● **Given data**:
-- ===== src/Service/Expire.antt =====
-- `expireOne` of nem_pay/api/internal/service/money.go.
pub mod Effect
use monorepo_payment.Base.{ℕ, ◌≡◌, Bool, true, false, [], List, Option, none, find?, if◌then◌else◌}
use monorepo_payment.StateMachine.{
  Status, created, requires_confirmation, authorized, failed, can_transition,
}
use monorepo_payment.Errors.{Error, db_failure, intent_not_found}
use monorepo_payment.Db.{Uuid, PaymentIntent, Database}
use monorepo_payment.Db.Exec.{Env, Exec, Ending, abandon, HasFault, in_tx, pure, ◌>>=◌}
use monorepo_payment.Db.Intents.{is_of}
use monorepo_payment.Service.{lock, advance}
use monorepo_payment.Service.Rules.{Advances}
use monorepo_payment.Service.Settle.{drop_result}
use monorepo_payment.Service.Steps.{Found}

-- The re-check under the lock: an intent that may not fail any more is left as it is.
unfoldable pub expire_locked : PaymentIntent → Bool → Exec (Ending (Unit {0}))
expire_locked pi false = pure (abandon tt)
expire_locked pi true = do ending ← advance pi.id failed; pure (drop_result ending)

unfoldable pub expire_body : Uuid → Uuid → Exec (Ending (Unit {0}))
expire_body id merchant_id = do
  pi ← lock id merchant_id
  expire_locked pi (can_transition pi.settlement_mode pi.status failed)

unfoldable pub expire_one : Uuid → Uuid → Exec (Unit {0})
expire_one id merchant_id = in_tx (expire_body id merchant_id)

-- The statuses from which an intent may fail.
abbrev pub may_fail : Status → Bool
may_fail created = true
may_fail requires_confirmation = true
may_fail authorized = true
may_fail _ = false

-- Why the expiry of one intent fails.
pub data ExpireRefused (env : Env) (db : Database) (id m : Uuid) : Error → Type 0 where
  fault : HasFault env → ExpireRefused env db id m db_failure
  missing : find? (is_of id m) db.intents ≡ none → ExpireRefused env db id m intent_not_found

-- What it has done: one step to failed without an entry if the intent may fail, and nothing otherwise.
pub data Expired (now : ℕ) (id m : Uuid) (old db : Database) : Type 0 where
  skipped :
      (pi : PaymentIntent)
      → Found old id m pi
      → may_fail pi.status ≡ false
      → db ≡ old
      → Expired now id m old db
  moved :
      (pi updated : PaymentIntent)
      → Found old id m pi
      → may_fail pi.status ≡ true
      → Advances old now pi failed [] updated db
      → Expired now id m old db
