-- ===== src/Service/Expire/Effect.antt =====
-- What the expiry of one intent does (`expireOne` of nem_pay/api/internal/service/money.go).
use monorepo_payment.Base.{suc, ◌≡◌, refl, sym, ◌∙◌, Bool, true, false, []}
use monorepo_payment.StateMachine.{Mode, direct, escrow, Status, created, failed, can_transition}
use monorepo_payment.StateMachine.Graph.{here, step}
use monorepo_payment.Db.{Uuid, PaymentIntent, Database}
use monorepo_payment.Db.Exec.{
  Env, Session, Ending, Gives, Atomic, Ends, Gives-bind, Atomic-in_tx, pure, commit, abandon,
}
use monorepo_payment.Service.{advance}
use monorepo_payment.Service.Rules.{Advances}
use monorepo_payment.Service.Steps.{Found, Found-has_id, begin-Gives, advance-Gives}
use monorepo_payment.Service.Posting.{Ready-same, Ready-Posted}
use monorepo_payment.Service.Valid.{IsValid}
use monorepo_payment.Service.Settle.{drop_result}
use monorepo_payment.Service.Expire.{
  expire_locked, expire_body, expire_one, may_fail, ExpireRefused, fault, missing, Expired, skipped,
  moved,
}

may_fail_lem : (mode : Mode) (s : Status) → can_transition mode s failed ≡ may_fail s
unfolding can_transition
may_fail_lem direct created = refl
may_fail_lem escrow created = refl
may_fail_lem _ _ = refl

module _ (env : Env) (id m : Uuid) (old : Database) (valid : IsValid old) where
  expire_end :
      (pi : PaymentIntent)
      → Found old id m pi
      → may_fail pi.status ≡ true
      → (ending : Ending PaymentIntent) (s : Session)
      → Ends (Advances old env.now pi failed []) old ending s.db
      → Ends (λ _ db. Expired env.now id m old db) old (drop_result ending) s.db
  expire_end pi row may (commit updated) s done = moved pi updated row may done
  expire_end pi row may (abandon updated) s done = moved pi updated row may done

  expire_locked-Gives :
      (pi : PaymentIntent) (b : Bool) (s : Session)
      → Found old id m pi
      → can_transition pi.settlement_mode pi.status failed ≡ b
      → s.db ≡ old
      → Gives
          (Ends (λ _ db. Expired env.now id m old db) old)
          (ExpireRefused env old id m)
          (expire_locked pi b env s)
  unfolding expire_locked
  expire_locked-Gives pi false s row e same =
      skipped pi row (sym (may_fail_lem pi.settlement_mode pi.status) ∙ e) refl
  expire_locked-Gives pi true s row e same =
      let may = sym (may_fail_lem pi.settlement_mode pi.status) ∙ e in
      Gives-bind env (ExpireRefused env old id m) (Ends (Advances old env.now pi failed []) old)
        (Ends (λ _ db. Expired env.now id m old db) old) (advance pi.id failed)
        (λ ending. pure (drop_result ending)) s
        (advance-Gives env (ExpireRefused env old id m) fault old pi failed [] s
          (Found-has_id old id m pi valid.distinct_intents row) (step pi.status here e)
          (Ready-Posted old s.db pi.merchant_id pi.currency
            (Ready-same old s.db valid.distinct_accounts same)))
        λ ending s₁ done. expire_end pi row may ending s₁ done

  expire_body-Gives :
      (s : Session)
      → s.db ≡ old
      → Gives
          (Ends (λ _ db. Expired env.now id m old db) old)
          (ExpireRefused env old id m)
          (expire_body id m env s)
  unfolding expire_body
  expire_body-Gives s same =
      let E = ExpireRefused env old id m in
      Gives-bind env E _ (Ends (λ _ db. Expired env.now id m old db) old) _ _ s
        (begin-Gives env E fault id m s old same missing)
        λ pi s₁ (row, same₁).
          expire_locked-Gives pi (can_transition pi.settlement_mode pi.status failed) s₁ row refl
            same₁

-- On valid tables the expiry of one intent either fails, with the database or with the intent that is
-- missing, and leaves every table as it was; or it finds an intent that is past authorized and changes
-- nothing; or the intent is created, requires confirmation or is authorized, and one step to failed is
-- done, with one event and no ledger entry.
pub expire_one-Atomic :
    (env : Env) (id m : Uuid) (s : Session)
    → IsValid s.db
    → Atomic
        (λ _ db. Expired env.now id m s.db db)
        (ExpireRefused env s.db id m)
        s.db
        (expire_one id m env s)
unfolding expire_one
expire_one-Atomic env id m s v =
    Atomic-in_tx env (ExpireRefused env s.db id m) fault (λ _ db. Expired env.now id m s.db db)
      (expire_body id m) s (expire_body-Gives env id m s.db v (record s { sent = suc s.sent }) refl)
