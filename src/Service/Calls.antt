-- ===== src/Service/Calls.antt =====
-- All the calls of the service, in any order: nem_pay/api/internal/service/money.go and `Create` of
-- nem_pay/api/internal/service/payment_intent.go.
pub mod Each
pub mod Keeps
pub mod Deltas
pub mod Held
pub mod Books
pub mod Segregation
use Prim.Native.String.{String}
use monorepo_payment.Base.{ℕ, ◌≤◌, ◌<◌, ◌≡◌, true, List, [], ◌∷◌, ◌++◌}
use monorepo_payment.Base.Int.{ℤ, pos, pos_part, two63}
use monorepo_payment.StateMachine.{
  escrow, Status, created, authorized, captured, released, failed, can_transition,
}
use monorepo_payment.Errors.{Result}
use monorepo_payment.Db.{Uuid, PaymentIntent, Database}
use monorepo_payment.Db.Exec.{Env, Session, Exec}
use monorepo_payment.Bank.{Client}
use monorepo_payment.Ledger.Books.{Line}
use monorepo_payment.Service.Rules.{
  Advances, capture_lines, settle_lines, settled_as, refund_lines, release_lines,
}
use monorepo_payment.Service.Valid.{IsValid}
use monorepo_payment.Service.Create.{CreateInput, create}
use monorepo_payment.Service.Confirm.{confirm}
use monorepo_payment.Service.Capture.{capture}
use monorepo_payment.Service.Refund.{refund, next_of, full_only}
use monorepo_payment.Service.Release.{release}
use monorepo_payment.Service.Settle.{settle_one}
use monorepo_payment.Service.Expire.{expire_one, may_fail}

-- One call of the service.
pub data Call : Type 0 where
  confirming : Uuid → Uuid → String → Call
  capturing : Uuid → Uuid → Call
  refunding : Uuid → Uuid → ℤ → Call
  releasing : Uuid → Uuid → Call
  settling : Uuid → Uuid → Call
  expiring : Uuid → Uuid → Call
  -- an amount of type int64
  creating : Uuid → (i : CreateInput) → pos_part i.amount < two63 → Call

-- What is left after it, whatever it returned.
abbrev pub left : {A : Type 0} → Result A × Session → Session
left (r, s) = s

unfoldable pub perform : Client → Call → Env → Session → Session
perform bank (confirming id m token) env s = left (confirm bank id m token env s)
perform bank (capturing id m) env s = left (capture bank id m env s)
perform bank (refunding id m amount) env s = left (refund id m amount env s)
perform bank (releasing id m) env s = left (release id m env s)
perform bank (settling id m) env s = left (settle_one id m env s)
perform bank (expiring id m) env s = left (expire_one id m env s)
perform bank (creating m i h) env s = left (create m i env s)

-- One after the other, each in its own environment.
unfoldable pub perform_all : Client → List (Env × Call) → Session → Session
perform_all bank [] s = s
perform_all bank ((env, call) ∷ rest) s = perform_all bank rest (perform bank call env s)

-- The movements of an intent: to which status, and with which lines.
pub data Rule (pi : PaymentIntent) : Status → List Line → Type 0 where
  authorizes : may_fail pi.status ≡ true → Rule pi authorized []
  fails : may_fail pi.status ≡ true → Rule pi failed []
  captures :
      can_transition pi.settlement_mode pi.status captured ≡ true
      → Rule pi captured (capture_lines pi.settlement_mode pi.amount)
  settles :
      pi.status ≡ captured
      → Rule pi (settled_as pi.settlement_mode) (settle_lines pi.settlement_mode pi.amount)
  refunds :
      (n : ℕ)
      → n ≤ pi.amount
      → (full_only pi.settlement_mode pi.status ≡ true → n ≡ pi.amount)
      → can_transition pi.settlement_mode pi.status (next_of pi (pos n)) ≡ true
      → Rule pi (next_of pi (pos n)) (refund_lines pi.settlement_mode pi.status n)
  releases :
      (fee : ℕ) (payee : Uuid)
      → fee ≤ pi.amount
      → pi.settlement_mode ≡ escrow
      → can_transition pi.settlement_mode pi.status released ≡ true
      → Rule pi released (release_lines pi.amount fee payee)

-- A call leaves the tables as they are, moves one intent by a rule, or adds a created one.
pub data Moves (now : ℕ) (old db : Database) : Type 0 where
  unchanged : db ≡ old → Moves now old db
  added :
      (new : PaymentIntent)
      → new.status ≡ created
      → db ≡ record old { intents = old.intents ++ new ∷ [] }
      → IsValid db
      → Moves now old db
  moved :
      (pi updated : PaymentIntent) (next : Status) (ls : List Line)
      → Rule pi next ls
      → Advances old now pi next ls updated db
      → Moves now old db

● **What is being asked**: Your task is to return each line of the data above that contains the string "Atomic".

● **Result of this exercise**:
  Env, Session, Ending, Gives, Atomic, Ends, Gives-bind, Atomic-in_tx, pure, commit, abandon,
pub expire_one-Atomic :
    → Atomic
expire_one-Atomic env id m s v =
    Atomic-in_tx env (ExpireRefused env s.db id m) fault (λ _ db. Expired env.now id m s.db db)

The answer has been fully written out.